> Extracted records:
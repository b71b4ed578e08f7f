-- ===== src/Torch/Bridge.antt =====
-- native/src/training/training_bridge_torch.cc: the functions of the training bridge on tensors.
pub mod Leaves
use Prim.Native.String.{String, ◌++◌ as joined}
use tensora.Core.Status.{Status, fail_argument, fail_shape}
use tensora.Float.{Float32}
use tensora.Shape.{same_shape}
use tensora.Storage.{StorageKind, torch_kind, cpu_kind, kind}
use tensora.Tensor.{Tensor, Device, cuda}
use tensora.Runtime.{same_device}
use tensora.Heap.{load_tensor, load_storage}
use tensora.Steps.{Steps, ◌>>=◌, ◌>>◌, return, check, Output, to_caller, need}
use tensora.Autograd.Values
use tensora.Autograd.Backward.{gradient_snapshot}
use tensora.Autograd.Backward
use tensora.Torch.Devices.{TorchDevice}
use tensora.Torch.Library.{Torch, TorchCall, Torched, ask_torch, read_torch, on_heap_of}
use tensora.Torch.Backend.{tensor_to_torch, wrap_torch_tensor, torch_device, torch_device_count}
use tensora.Torch.Nn.{TorchNn, same_torch_device}
use tensora.Prelude.{
  ℕ, ◌==◌, ◌-◌, ◌^◌, ◌&&◌, Bool, true, false, List, ℤ, pos, negsuc, eq_ℤ, ltb, length,
  if◌then◌else◌,
}

-- `static_cast<int64_t>(v)`
abbrev to_i64 : ℕ → ℤ
to_i64 n = if ltb n (2 ^ 63) then pos n else negsuc (2 ^ 64 - 1 - n)

abbrev pub is_torch : StorageKind → Bool
is_torch torch_kind = true
is_torch cpu_kind = false

-- `EnsureSameDevice` of training_bridge_torch.cc.
unfoldable pub ensure_same_device : {S : Type 0} → Tensor → Tensor → String → Steps S (Unit {0})
ensure_same_device left right operation =
    check (same_device left.device right.device && eq_ℤ left.device_index right.device_index)
      (fail_argument (joined operation ": tensors must use the same device"))

-- `IsAvailable` of training_bridge_torch.cc.
unfoldable pub torch_is_available : {S : Type 0} → Output → Steps S ℕ
torch_is_available out = do need out "training_available: output pointer is null"; return 1

module _ {F D X R N O A : Type 0} (torch : Torch F X R) (nn : TorchNn D X R N O A) where
  -- Whether the storage of a tensor is a Torch storage.
  unfoldable pub is_on_torch : Tensor → Torched F X R Bool
  unfolding kind
  is_on_torch t = do storage ← on_heap_of (load_storage t.storage); return (is_torch (kind storage))

  -- `CudaDeviceCount` of training_bridge_torch.cc.
  unfoldable pub torch_cuda_device_count : Output → Torched F X R ℕ
  unfolding torch_device_count
  torch_cuda_device_count out = do
    need out "cuda_device_count: output pointer is null"
    torch_device_count torch cuda out

  -- `ManualSeed` of training_bridge_torch.cc.
  unfoldable pub torch_manual_seed : ℕ → Torched F X R (Unit {0})
  torch_manual_seed seed = ask_torch "manual_seed" (nn.manual_seed (to_i64 seed))

  module _ ⦃fl : Float32 F⦄ where
    -- A clone where the tensor was on the device already, since `to` gives it back then.
    moved_to : X → TorchDevice → Torched F X R X
    unfolding same_torch_device
    moved_to value target = do
      moved ← ask_torch "tensor_to_device" (nn.to_device value target)
      to ← read_torch (torch.device moved)
      from ← read_torch (torch.device value)
      if same_torch_device to from
          then ask_torch "tensor_to_device" (nn.clone moved)
          else return moved

    -- `Transfer` of training_bridge_torch.cc.
    unfoldable pub torch_transfer : Tensor → Device → ℤ → Output → Torched F X R ℕ
    unfolding torch_device tensor_to_torch moved_to wrap_torch_tensor
    torch_transfer t device device_index out = do
      need out "tensor_to_device: output tensor pointer is null"
      target ← torch_device torch device device_index to_caller
      value ← tensor_to_torch torch t to_caller
      moved ← moved_to value target
      wrap_torch_tensor torch moved out

    -- `WithRequiresGrad` of training_bridge_torch.cc.
    unfoldable pub torch_with_requires_grad : Tensor → Bool → Output → Torched F X R ℕ
    unfolding tensor_to_torch wrap_torch_tensor
    torch_with_requires_grad t requires out = do
      need out "tensor_with_requires_grad: output tensor pointer is null"
      value ← tensor_to_torch torch t to_caller
      detached ← ask_torch "tensor_with_requires_grad" (nn.detach value)
      leaf ← ask_torch "tensor_with_requires_grad" (nn.clone detached)
      ask_torch "tensor_with_requires_grad" (nn.set_requires_grad leaf requires)
      wrap_torch_tensor torch leaf out

    -- `RequiresGrad` of training_bridge_torch.cc.
    unfoldable pub torch_requires_grad : Tensor → Output → Torched F X R ℕ
    unfolding is_on_torch tensor_to_torch Values.requires_grad
    torch_requires_grad t out = do
      need out "tensor_requires_grad: output pointer is null"
      on_torch ← is_on_torch t
      needs ←
          if on_torch
          then (do value ← tensor_to_torch torch t to_caller; read_torch (nn.requires_grad value))
          else on_heap_of (Values.requires_grad t)
      return (if needs then 1 else 0)

    -- `Backward` of training_bridge_torch.cc, from a tensor of libtorch.
    torch_backward_from : Tensor → Torched F X R (Unit {0})
    unfolding tensor_to_torch
    torch_backward_from t = do
      check (t.shape.numel == 1) (fail_shape "tensor_backward: loss tensor must contain one value")
      value ← tensor_to_torch torch t to_caller
      needs ← read_torch (nn.requires_grad value)
      check needs (fail_argument "tensor_backward: tensor does not require gradients")
      ask_torch "tensor_backward" (nn.backward value)

    -- `Backward` of training_bridge_torch.cc.
    unfoldable pub torch_backward : ℕ → Torched F X R (Unit {0})
    unfolding is_on_torch torch_backward_from Backward.backward
    torch_backward root = do
      t ← on_heap_of (load_tensor root)
      on_torch ← is_on_torch t
      if on_torch then torch_backward_from t else on_heap_of (Backward.backward root)

    -- `Gradient` of training_bridge_torch.cc, of a tensor of libtorch.
    torch_gradient_of : Tensor → Output → Torched F X R ℕ
    unfolding tensor_to_torch wrap_torch_tensor
    torch_gradient_of t out = do
      value ← tensor_to_torch torch t to_caller
      grad ← read_torch (nn.grad value)
      check (torch.defined grad) (fail_argument "tensor_grad: gradient is not available")
      detached ← ask_torch "tensor_grad" (nn.detach grad)
      snapshot ← ask_torch "tensor_grad" (nn.clone detached)
      wrap_torch_tensor torch snapshot out

    -- `Gradient` of training_bridge_torch.cc.
    unfoldable pub torch_gradient : Tensor → Output → Torched F X R ℕ
    unfolding is_on_torch torch_gradient_of gradient_snapshot
    torch_gradient t out = do
      need out "tensor_grad: output tensor pointer is null"
      on_torch ← is_on_torch t
      if on_torch then torch_gradient_of t out else on_heap_of (gradient_snapshot t out)

    -- An operation of libtorch on the tensor, and the tensor made of its result.
    unary : String → (X → R → TorchCall X × R) → Tensor → Output → Torched F X R ℕ
    unfolding tensor_to_torch wrap_torch_tensor
    unary operation call t out = do
      value ← tensor_to_torch torch t to_caller
      result ← ask_torch operation (call value)
      wrap_torch_tensor torch result out

    -- `Relu` of training_bridge_torch.cc.
    unfoldable pub torch_relu : Tensor → Output → Torched F X R ℕ
    unfolding unary
    torch_relu = unary "tensor_relu" nn.relu

    -- `Sigmoid` of training_bridge_torch.cc.
    unfoldable pub torch_sigmoid : Tensor → Output → Torched F X R ℕ
    unfolding unary
    torch_sigmoid = unary "tensor_sigmoid" nn.sigmoid

    -- `Tanh` of training_bridge_torch.cc.
    unfoldable pub torch_tanh : Tensor → Output → Torched F X R ℕ
    unfolding unary
    torch_tanh = unary "tensor_tanh" nn.tanh

    -- `MseLoss` of training_bridge_torch.cc.
    unfoldable pub torch_mse_loss : Tensor → Tensor → Output → Torched F X R ℕ
    unfolding ensure_same_device tensor_to_torch wrap_torch_tensor
    torch_mse_loss prediction target out = do
      ensure_same_device prediction target "mse_loss"
      check (same_shape prediction.shape target.shape)
          (fail_shape "mse_loss: prediction and target shapes must match")
      prediction_value ← tensor_to_torch torch prediction to_caller
      target_value ← tensor_to_torch torch target to_caller
      loss ← ask_torch "mse_loss" (nn.mse_loss prediction_value target_value)
      wrap_torch_tensor torch loss out

    -- `CrossEntropyLoss` of training_bridge_torch.cc.
    unfoldable pub torch_cross_entropy_loss : Tensor → Tensor → Output → Torched F X R ℕ
    unfolding ensure_same_device tensor_to_torch wrap_torch_tensor
    torch_cross_entropy_loss logits one_hot_target out = do
      ensure_same_device logits one_hot_target "cross_entropy_loss"
      check (same_shape logits.shape one_hot_target.shape)
          (fail_shape "cross_entropy_loss: logits and one-hot target shapes must match")
      check (length logits.shape.dimensions == 2)
          (fail_shape "cross_entropy_loss: initial contract requires rank-2 tensors")
      logits_value ← tensor_to_torch torch logits to_caller
      target_value ← tensor_to_torch torch one_hot_target to_caller
      log_probabilities ← ask_torch "cross_entropy_loss" (nn.log_softmax logits_value (pos 1))
      products ← ask_torch "cross_entropy_loss" (torch.multiply target_value log_probabilities)
      sums ← ask_torch "cross_entropy_loss" (nn.sum_over products (pos 1))
      mean ← ask_torch "cross_entropy_loss" (nn.mean sums)
      loss ← ask_torch "cross_entropy_loss" (nn.negated mean)
      wrap_torch_tensor torch loss out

> Problem requirements: In the listing above, locate the line with "result ← ask_torch" and the line with "ensure_same_device prediction target", then extract exactly those lines and every line between them, and nothing more.

> Answer space:
      result ← ask_torch operation (call value)
      wrap_torch_tensor torch result out

    -- `Relu` of training_bridge_torch.cc.
    unfoldable pub torch_relu : Tensor → Output → Torched F X R ℕ
    unfolding unary
    torch_relu = unary "tensor_relu" nn.relu

    -- `Sigmoid` of training_bridge_torch.cc.
    unfoldable pub torch_sigmoid : Tensor → Output → Torched F X R ℕ
    unfolding unary
    torch_sigmoid = unary "tensor_sigmoid" nn.sigmoid

    -- `Tanh` of training_bridge_torch.cc.
    unfoldable pub torch_tanh : Tensor → Output → Torched F X R ℕ
    unfolding unary
    torch_tanh = unary "tensor_tanh" nn.tanh

    -- `MseLoss` of training_bridge_torch.cc.
    unfoldable pub torch_mse_loss : Tensor → Tensor → Output → Torched F X R ℕ
    unfolding ensure_same_device tensor_to_torch wrap_torch_tensor
    torch_mse_loss prediction target out = do
      ensure_same_device prediction target "mse_loss"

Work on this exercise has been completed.